» **What this task involves**:
Scan the data below and work out how many of its lines contain the word "Type". Give only that number.

» **Provided information**:
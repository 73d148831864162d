-- ===== src/Zktrie/Path/Bits.antt =====
-- `get_leaf_path` of src/common/zktrie/src/utils.rs against the binary digits of the index.
use native.Mathlib.Nat.{pow-suc}
use mathlib.Core.List.{append_assoc}
use linea_sgx_prover.Prelude.{
  ℕ, ltb, if◌then◌else◌, zero, suc, ◌/◌, ◌%◌, ◌^◌, ◌≤◌, ◌<◌, ◌≡◌, refl, ap, ◌∙◌, [], ◌∷◌, ◌++◌,
  ◌==◌, arith, set, replicate, length, length-append, Bool-cases, true, false, inl, inr,
}
use linea_sgx_prover.Prelude.Results.{Result, ok, panic}
use linea_sgx_prover.Bytes.{Bytes}
use linea_sgx_prover.Zktrie.Path.{write_bits, get_leaf_path}

-- The `w` binary digits of `n`, the highest first.
unfoldable pub bits : ℕ → ℕ → Bytes
bits zero n = []
bits (suc w) n = bits w (n / 2) ++ (n % 2) ∷ []

replicate-append_zero : (w : ℕ) → ◌++◌ {A = ℕ} (replicate w 0) (0 ∷ []) ≡ replicate (suc w) 0
replicate-append_zero zero = refl
replicate-append_zero (suc w) = ap (◌∷◌ 0) (replicate-append_zero w)

bits_zero : (w : ℕ) → bits w 0 ≡ replicate w 0
unfolding bits
bits_zero zero = refl
bits_zero (suc w) = rw (bits_zero w) (replicate-append_zero w)

pub length-bits : (w n : ℕ) → length (bits w n) ≡ w
unfolding bits
length-bits zero n = refl
length-bits (suc w) n =
    omega (arith, length-bits w (n / 2), length-append (bits w (n / 2)) ((n % 2) ∷ []))

split_last :
    (xs ys : Bytes) (b c : ℕ)
    → length xs ≡ length ys
    → xs ++ b ∷ [] ≡ ys ++ c ∷ []
    → (xs ≡ ys) × (b ≡ c)
split_last [] [] b c l e = (refl, cc)
split_last [] (y ∷ ys) b c l e = absurd (omega arith)
split_last (x ∷ xs) [] b c l e = absurd (omega arith)
split_last (x ∷ xs) (y ∷ ys) b c l e =
    let (front, last) = split_last xs ys b c (omega arith) (cc) in (cc, last)

-- The digits of a number that fits determine it.
pub bits_injective : (w m n : ℕ) → m < 2 ^ w → n < 2 ^ w → bits w m ≡ bits w n → m ≡ n
unfolding bits
bits_injective zero m n hm hn e = omega arith
bits_injective (suc w) m n hm hn e =
    let p = pow-suc 2 w in
    let (front, last) =
      split_last (bits w (m / 2)) (bits w (n / 2)) (m % 2) (n % 2)
        (omega (arith, length-bits w (m / 2), length-bits w (n / 2))) e in
    let halves = bits_injective w (m / 2) (n / 2) (omega arith) (omega arith) front in omega arith

bits-suc : (w n : ℕ) → bits (suc w) n ≡ bits w (n / 2) ++ (n % 2) ∷ []
unfolding bits
bits-suc w n = refl

set_at :
    (i v : ℕ) (tail : Bytes) → set (replicate (suc i) 0 ++ tail) i v ≡ replicate i 0 ++ v ∷ tail
set_at zero v tail = refl
set_at (suc i) v tail = ap (◌∷◌ 0) (set_at i v tail)

write_bits-suc :
    (E : Type 0) (i value : ℕ) (path : Bytes)
    → write_bits {E = E} (suc i) value path ≡ (
        if value / 2 == 0
        then ok (set path (suc i) (value % 2))
        else write_bits i (value / 2) (set path (suc i) (value % 2)))
unfolding write_bits
write_bits-suc E i value path = refl

-- From a path that is still zero before the index, the loop writes the digits.
write_bits-bits :
    (E : Type 0) (i value head : ℕ) (tail : Bytes)
    → value < 2 ^ suc i
    → write_bits {E = E} (suc i) value (head ∷ replicate (suc i) 0 ++ tail)
      ≡ ok (head ∷ bits (suc i) value ++ tail)
write_bits-bits E zero value head tail h =
    let small : (value / 2 == 0) ≡ true = ground arith in
    rw (write_bits-suc E 0 value (head ∷ 0 ∷ tail), small, bits-suc 0 value) (unfold bits in refl)
write_bits-bits E (suc i) value head tail h =
    let p = pow-suc 2 (suc i) in
    let whole = append_assoc (bits (suc i) (value / 2)) ((value % 2) ∷ []) tail in
    let step =
      write_bits-suc E (suc i) value (head ∷ replicate (suc (suc i)) 0 ++ tail)
      ∙ ap
          (λ t. if value / 2 == 0 then ok (head ∷ t) else write_bits (suc i) (value / 2) (head ∷ t))
          (set_at (suc i) (value % 2) tail) in
    elim (Bool-cases (value / 2 == 0)) [
      | inl done ↦
          let none : value / 2 ≡ 0 = ground arith in
          rw (step, done, bits-suc (suc i) value, whole, none, bits_zero (suc i)) refl
      | inr more ↦
          rw (step, more, bits-suc (suc i) value, whole)
            (write_bits-bits E i (value / 2) head ((value % 2) ∷ tail) (omega arith))
    ]

two_pow_pos : (i : ℕ) → 0 < 2 ^ i
two_pow_pos zero = omega arith
two_pow_pos (suc i) = omega (arith, pow-suc 2 i, two_pow_pos i)

-- An index of more than `i` digits runs past the front of the path.
write_bits_panic :
    (E : Type 0) (i value : ℕ) (path : Bytes)
    → 2 ^ i ≤ value
    → write_bits {E = E} i value path ≡ panic
unfolding write_bits
write_bits_panic E zero value path h = refl
write_bits_panic E (suc i) value path h =
    let p = pow-suc 2 i in
    let q = two_pow_pos i in
    let more : (value / 2 == 0) ≡ false = let big : 0 < value / 2 = omega arith in ground arith in
    rw more (write_bits_panic E i (value / 2) (set path (suc i) (value % 2)) (omega arith))

set_last : (n : ℕ) (xs : Bytes) (a v : ℕ) → length xs ≡ n → set (xs ++ a ∷ []) n v ≡ xs ++ v ∷ []
set_last zero [] a v h = refl
set_last zero (x ∷ xs) a v h = absurd (omega arith)
set_last (suc n) [] a v h = absurd (omega arith)
set_last (suc n) (x ∷ xs) a v h = ap (◌∷◌ x) (set_last n xs a v (omega arith))

-- The path of an index of at most 40 binary digits is 1, these digits from the highest on, and
-- the marker of a value leaf; a larger index panics.
pub get_leaf_path-bits :
    (E : Type 0) (idx : ℕ)
    → get_leaf_path {E = E} idx
      ≡ (if ltb idx (2 ^ 40) then ok (1 ∷ bits 40 idx ++ 0x16 ∷ []) else panic)
unfolding get_leaf_path
get_leaf_path-bits E idx = elim (Bool-cases (ltb idx (2 ^ 40))) [
  | inl small ↦
      rw
        (
          small,
          write_bits-bits E 39 idx 1 (0 ∷ []) (ground arith),
          set_last 40 (bits 40 idx) 0 0x16 (length-bits 40 idx),
        )
        refl
  | inr large ↦ rw (large, write_bits_panic E 40 idx (1 ∷ replicate 41 0) (ground arith))
]

pub path_of :
    (E : Type 0) (idx : ℕ) {path : Bytes}
    → get_leaf_path {E = E} idx ≡ ok path
    → (idx < 2 ^ 40) × (path ≡ 1 ∷ bits 40 idx ++ 0x16 ∷ [])
path_of E idx {path} h = elim (Bool-cases (ltb idx (2 ^ 40))) [
  | inl small ↦
      let e : ◌≡◌ {A = Result E Bytes} (ok (1 ∷ bits 40 idx ++ 0x16 ∷ [])) (ok path) =
        rw (get_leaf_path-bits E idx, small) at h in
      (ground arith, cc)
  | inr large ↦
      let e : ◌≡◌ {A = Result E Bytes} panic (ok path) =
        rw (get_leaf_path-bits E idx, large) at h in
      cc
]

-- Two indices with one path are one index.
pub get_leaf_path_injective :
    (E : Type 0) (i j : ℕ) {path : Bytes}
    → get_leaf_path {E = E} i ≡ ok path
    → get_leaf_path {E = E} j ≡ ok path
    → i ≡ j
get_leaf_path_injective E i j hi hj =
    let (small, digits) = path_of E i hi in
    let (small', digits') = path_of E j hj in
    let same : bits 40 i ++ 0x16 ∷ [] ≡ bits 40 j ++ 0x16 ∷ [] = cc in
    let (front, last) =
      split_last (bits 40 i) (bits 40 j) 0x16 0x16
        (omega (arith, length-bits 40 i, length-bits 40 j)) same in
    bits_injective 40 i j small small' front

» **Exercise answer**:
6